July 15 (Bloomberg) -- European stocks climbed to their highest level in almost six weeks, following the biggest weekly advance for the region’s equity benchmark in two months, as Chinese economic growth matched forecasts.
U.K. banks gained after Rightmove Plc doubled its forecast for the increase in British house prices this year. Commerzbank AG rose 4.7 percent as the lender sold 5 billion euros ($6.5 billion) of loans to Wells Fargo & Co. and Lone Star Funds.
The Stoxx Europe 600 Index climbed 0.4 percent to 297.38 at the close of trading in London, after earlier advancing as much as 0.7 percent. The gauge jumped 2.7 percent last week after Federal Reserve Chairman Ben S. Bernanke backed sustained monetary stimulus for the world’s largest economy.
“Equities are the asset class of choice in a world where more liquidity is being printed no matter what the Fed does,” Marino Valensise, who oversees about $60 billion as chief investment officer at Baring Asset Management Ltd., told Francine Lacqua in an interview on Bloomberg Television in London. “There will be volatility, but I don’t expect another European crisis in the next few months.”

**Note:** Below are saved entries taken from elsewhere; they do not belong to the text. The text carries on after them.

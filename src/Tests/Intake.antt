-- ===== src/Tests/Intake.antt =====
-- Two candidates of one group: the second adds evidence, binds the scope and raises the severity.
use ot_soc_fusion_x.Base.{◌≡◌, refl, String, Option, none, some, List, [], ◌∷◌, ok, err, Result}
use ot_soc_fusion_x.Platform.{Uuid, Datetime}
use ot_soc_fusion_x.Incidents.Model.{
  CandidateMembership, EvidenceRole, IncidentSeverity, primary, supporting, low, high,
  communication_policy_violation,
}
use ot_soc_fusion_x.Incidents.Store.{Session, find_incident}
use ot_soc_fusion_x.Incidents.Candidate.{
  QualifiedIncidentCandidate, IncidentProfile, validate_primary_membership, grouping_epoch_start,
  deterministic_incident_identity,
}
use ot_soc_fusion_x.Incidents.Creation.{IntakeError, new_incident, record_creation, find_grouping}
use ot_soc_fusion_x.Incidents.Enrichment.{existing, enriched, write_enrichment}
use ot_soc_fusion_x.Incidents.Intake.{
  Received, created, grouped, receive_candidate, load_incident, regroup, settle,
}
use ot_soc_fusion_x.Incidents.Counts.{count}
use ot_soc_fusion_x.Incidents.Counted.{IsCounted}
use ot_soc_fusion_x.Incidents.Counted.Received.{
  receive_candidate-IsCounted, receive_candidate-created,
}
use ot_soc_fusion_x.Incidents.Repeated.Received.{receive_candidate-repeated}
use ot_soc_fusion_x.Incidents.Operations.{Operation, serve}
use ot_soc_fusion_x.Incidents.Trail.{HasTrail}
use ot_soc_fusion_x.Incidents.Trail.Opened.{opened_trail}
use ot_soc_fusion_x.Tests.Samples.{platform}

abbrev profile : IncidentProfile
profile = record { profile_id = "profile"; profile_version = "1.0.0"; sha256 = "00" }

abbrev evidence : Uuid → EvidenceRole → CandidateMembership
evidence id role = record {
  evidence_id = id;
  evidence_type = "policy_finding";
  evidence_schema = "otsoc.policy";
  evidence_schema_version = "1.0.0";
  integrity_sha256 = "00";
  role = role;
  observed_at = 100;
  received_at = 110;
}

abbrev candidate :
    IncidentSeverity → List CandidateMembership → Option String → QualifiedIncidentCandidate
candidate severity additional scope = record {
  qualification_rule_id = "Q1";
  qualification_rule_version = "1.0.0";
  category = communication_policy_violation;
  severity = severity;
  title = "Denied write";
  summary = "A denied write was observed.";
  primary_membership = evidence "evidence-1" primary;
  additional_memberships = additional;
  identity_asset_scope = "plc-1" ∷ [];
  process_asset_scope = [];
  target_point_scope = [];
  source_asset_id = none;
  destination_asset_id = none;
  controller_asset_id = none;
  process_asset_ids = [];
  process_asset_keys = [];
  correlation_rule_id = none;
  correlation_rule_version = none;
  run_scope = "run";
  configuration_scope = "configuration";
  bound_simulation_id = scope;
  bound_configuration_hash = scope;
  s3_semantic_evidence_id = none;
  grouping_anchor = 100;
  first_observed_at = 100;
  last_observed_at = 100;
  policy_context = "DENIED";
  correlation_context = "NONE";
  evidence_completeness = "COMPLETE";
}

abbrev first_candidate : QualifiedIncidentCandidate
first_candidate = candidate low (evidence "evidence-2" supporting ∷ []) none

abbrev second_candidate : QualifiedIncidentCandidate
second_candidate = candidate high (evidence "evidence-3" supporting ∷ []) (some "run-1")

abbrev empty : Session
empty = record {
  incidents = [];
  timeline_entries = [];
  status_history = [];
  severity_history = [];
  notes = [];
  audit_events = [];
  reports = [];
  report_revisions = [];
  local_users = [];
  memberships = [];
}

empty-IsCounted : IsCounted empty
unfolding find_incident
empty-IsCounted = record { at = λ id. refl; distinct = tt }

abbrev session_of : Result IntakeError (Received × Session) → Session
session_of (ok (received, session)) = session
session_of (err error) = empty

abbrev after_first : Session
unfolding receive_candidate
after_first = session_of (receive_candidate platform first_candidate profile 200 "request-1" empty)

abbrev after_second : Session
unfolding receive_candidate
after_second =
    session_of (receive_candidate platform second_candidate profile 300 "request-2" after_first)

after_first-IsCounted : IsCounted after_first
unfolding receive_candidate validate_primary_membership load_incident regroup settle
after_first-IsCounted =
    receive_candidate-IsCounted platform 200 "request-1" first_candidate profile empty
      {out = (created, after_first)} refl empty-IsCounted refl

receive_candidate-IsCounted_example : IsCounted after_second
unfolding receive_candidate validate_primary_membership load_incident regroup settle record_creation
    write_enrichment
receive_candidate-IsCounted_example =
    receive_candidate-IsCounted platform 300 "request-2" second_candidate profile after_first
      {out = (grouped enriched, after_second)} refl after_first-IsCounted refl

receive_candidate-created_example :
    let epoch = grouping_epoch_start first_candidate.grouping_anchor in
    let identity = deterministic_incident_identity platform first_candidate profile epoch in
    (s' : Session) × (receive_candidate platform first_candidate profile 200 "request-1" empty
      ≡ ok (created, s'))
    × (find_incident identity.incident_id s'.incidents
        ≡ some (new_incident first_candidate identity profile epoch 200))
    × (count identity.incident_id s'.memberships ≡ 2)
unfolding find_incident validate_primary_membership find_grouping
receive_candidate-created_example =
    receive_candidate-created platform 200 "request-1" first_candidate profile empty refl
      empty-IsCounted refl refl

receive_candidate-repeated_example :
    (s' : Session) × (receive_candidate platform second_candidate profile 200 "request-1" empty
      ≡ ok (created, s'))
    × (receive_candidate platform second_candidate profile 300 "request-2" s'
        ≡ ok (grouped existing, s'))
unfolding find_incident find_grouping
receive_candidate-repeated_example =
    receive_candidate-repeated platform second_candidate profile 200 300 "request-1" "request-2"
      empty refl refl refl

opened_trail_example :
    let epoch = grouping_epoch_start first_candidate.grouping_anchor in
    let identity = deterministic_incident_identity platform first_candidate profile epoch in
    (s' : Session) × (receive_candidate platform first_candidate profile 200 "request-1" empty
      ≡ ok (created, s'))
    × ((requests : List (Datetime × Operation))
        → HasTrail identity.incident_id (serve platform requests s'))
unfolding find_incident find_grouping
opened_trail_example =
    opened_trail platform first_candidate profile 200 "request-1" empty refl refl refl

Stocks climbed as a report showed China’s gross domestic product expanded 7.5 percent in the second quarter from a year earlier. That equaled the median forecast in a Bloomberg News survey and the government’s target rate for 2013. The economy expanded at a 7.7 percent pace in the first quarter, according to the National Bureau of Statistics.

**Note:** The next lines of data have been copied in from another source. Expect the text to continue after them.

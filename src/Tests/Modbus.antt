-- ===== src/Tests/Modbus.antt =====
-- The theorems on the decoder at a profile with the valve of the transfer line.
use ot_soc_fusion_x.Base.{
  ◌≡◌, ◌↔◌, ◌≤◌, ℕ, refl, true, none, some, [], ◌∷◌, ok, err, pos, lt_decimal,
}
use ot_soc_fusion_x.Protocols.Model
use ot_soc_fusion_x.Protocols.Events.{
  RawScalar, DecodedValue, SyntheticModbusEvent, ProtocolSemanticEvent,
}
use ot_soc_fusion_x.Protocols.Profile.{PointDefinition, LoadedProfile, function_of, point_at}
use ot_soc_fusion_x.Protocols.Values.{decode_value, decode_uint16, decode_decimal}
use ot_soc_fusion_x.Protocols.Decoder.{
  Derivation, built, decode_event, decode_supported, parse_table, valid_address, decode_at,
  decode_on_table, decode_mapped, build_result,
}
use ot_soc_fusion_x.Protocols.Claims.{has_prohibited_claim}
use ot_soc_fusion_x.Protocols.Semantics.{mapped_statement}
use ot_soc_fusion_x.Protocols.Meaning.{IsValueOf, decode_value_iff}
use ot_soc_fusion_x.Protocols.Interpreted.{IsInterpreted}
use ot_soc_fusion_x.Protocols.Compatible.{compatible_iff}
use ot_soc_fusion_x.Protocols.Provenance.{IsTraced, decode_event-IsTraced}

abbrev valve : PointDefinition
valve = record {
  point_id = "valve_command";
  component = "V-101";
  display_label = "valve command";
  access_class = Model.commandable_synthetic;
  table_type = Model.holding_register;
  address_offset = 1;
  display_reference = 40002;
  logical_type = Model.LogicalType.decimal;
  protocol_representation = "uint16";
  byte_order = "big_endian";
  scale = some (record { coefficient = pos 1; places = 1 });
  unit = "%";
  engineering_min = record { coefficient = pos 0; places = 0 };
  engineering_max = record { coefficient = pos 100; places = 0 };
  raw_min = pos 0;
  raw_max = pos 1000;
  compatible_functions = 3 ∷ 6 ∷ [];
  template_id = "COMMAND_CHANGED_TO";
  decimal_places = 1;
}

abbrev loaded : LoadedProfile
loaded = record {
  profile = record {
    unit_id = 1;
    supported_functions =
        (record {
          function_code = 6;
          semantic = Model.write_single_register;
          category = Model.write;
          allowed_table = Model.holding_register;
        })
        ∷ [];
    points = valve ∷ [];
  };
  sha256 = "b3ad";
}

abbrev pub event : SyntheticModbusEvent
event = record {
  capture_mode = Model.offline_fixture;
  observed_at = 100;
  source_identity = "OTSOC-HMI-01";
  destination_identity = "OTSOC-MB-UNIT-01";
  transaction_id = 7;
  protocol_id = 0;
  unit_id = 1;
  message_role = Model.request;
  function_code = 6;
  table_type = some "holding_register";
  address_offset = some (pos 1);
  raw_value = RawScalar.int (pos 455);
  fixture_id = "fixture-1";
}

abbrev pub derivation : Derivation
derivation = record {
  semantic_event_id = "semantic-1";
  source_evidence_id = "evidence-1";
  source_evidence_integrity_sha256 = "00";
  created_at = 200;
}

decode_value_iff_example :
    (decode_value (RawScalar.int (pos 455)) valve ≡ (
      some (DecodedValue.decimal (record { coefficient = pos 455; places = 1 })),
      Model.none_code,
    ))
    ↔ ((raw : ℕ) × (RawScalar.int (pos 455) ≡ RawScalar.int (pos raw))
        × (raw ≤ 65535)
        × IsValueOf raw valve (DecodedValue.decimal (record { coefficient = pos 455; places = 1 })))
decode_value_iff_example =
    decode_value_iff (RawScalar.int (pos 455)) valve
      (DecodedValue.decimal (record { coefficient = pos 455; places = 1 }))

compatible_iff_example :
    ((r : ProtocolSemanticEvent) × (decode_event event loaded derivation (some "b3ad") true ≡ ok r)
      × (r.operation_compatibility ≡ Model.compatible))
    ↔ IsInterpreted event loaded derivation (some "b3ad") true
compatible_iff_example = compatible_iff event loaded derivation (some "b3ad") true

-- What the decoder returns, if it returns.
abbrev returned : ProtocolSemanticEvent
returned = elim (decode_event event loaded derivation none true) [
  | ok r ↦ r
  | err e ↦
      built event loaded derivation Model.write none Model.compatible Model.mapped Model.none_code
        none none ("", "")
]

statement_of : returned.semantic_statement ≡ "V-101 valve command changed to 45.5%."
unfolding decode_event function_of decode_supported parse_table valid_address decode_at point_at
    decode_on_table decode_mapped decode_value decode_uint16 decode_decimal lt_decimal build_result
    has_prohibited_claim mapped_statement
statement_of = refl

decode_event_returns : decode_event event loaded derivation none true ≡ ok returned
unfolding decode_event function_of decode_supported parse_table valid_address decode_at point_at
    decode_on_table decode_mapped decode_value decode_uint16 decode_decimal lt_decimal build_result
    has_prohibited_claim mapped_statement
decode_event_returns = refl

decode_event-IsTraced_example : IsTraced event loaded derivation returned
decode_event-IsTraced_example =
    decode_event-IsTraced event loaded derivation none true returned decode_event_returns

The country’s Finance Minister Lou Jiwei signaled on July 12 that the world’s second-biggest economy may expand at a slower pace this year than the government has targeted.
“It’s very fashionable to be bearish on China nowadays,” said Baring’s Valensise. “The reality is 7.5 percent is in line with an earlier target and the five-year plan says 7 percent. This is an economy which is maturing, so it’s natural and obvious that the rate of growth will slow down.”
National benchmark indexes climbed in 13 of the 18 western-European markets today. The U.K.’s FTSE 100 and France’s CAC 40 rose 0.6 percent. Germany’s DAX climbed 0.3 percent.
Fitch Ratings lowered France’s credit rating on July 12, citing concern about the lack of growth and the accumulation of debt in Europe’s second-largest economy.
Royal Bank of Scotland Group Plc led a gauge of U.K. lenders higher today after Rightmove predicted that asking prices for British homes will increase 4 percent this year. It had forecast a gain of 2 percent. The property-website operator also reported that asking prices rose to a record in July.
RBS, which is owned by the state, jumped 5.1 percent to 320 pence. Lloyds Banking Group Plc, the nation’s biggest mortgage lender, added 2.5 percent to 69.4 pence, while Barclays Plc increased 1.2 percent to 309.8 pence.
Commerzbank climbed 4.7 percent to 6.25 euros after Wells Fargo and Lone Star agreed to set up a consortium to buy the German lender’s Hypothekenbank Frankfurt real-estate portfolio in the U.K. The transaction will close in the third quarter.
The stock also advanced after Focus magazine reported that the German government has discussed selling shares in the bank to UBS AG. A spokeswoman for Germany’s finance ministry said that there were no current plans to sell the holding.
SEB AB gained 2 percent to 70.75 kronor after Sweden’s fourth-largest bank by market value reported that net income jumped 28 percent to 3.79 billion kronor ($567 million) in the second quarter. That beat the average analyst estimate of 3.21 billion kronor.
Kuehne & Nagel
Kuehne & Nagel International AG added 2 percent to 112.30 francs after the world’s biggest sea-freight forwarder said profit increased 6.3 percent to 153 million Swiss francs ($161 million) in the second quarter. That met the average estimate in a Bloomberg survey.
Mediaset SpA surged 6.9 percent to 3.44 euros after UBS AG raised its target price on the broadcaster controlled by former Italian Prime Minister Silvio Berlusconi to 3.60 euros from 2.40 euros. The brokerage said Mediaset may reveal improved advertising sales when it posts first-half results on August 1.
Man Group Plc slid 4 percent to 88.3 pence after Russian coal miner Sibanthracite Plc pulled its initial public offering. The GLG Emerging Markets Growth Fund, part of Man Group, had sought to raise as much as $214 million by selling its 25 percent stake in the IPO. The fund will now try to find another buyer for the holding, which is its biggest asset, two people with knowledge of the matter said on July 12.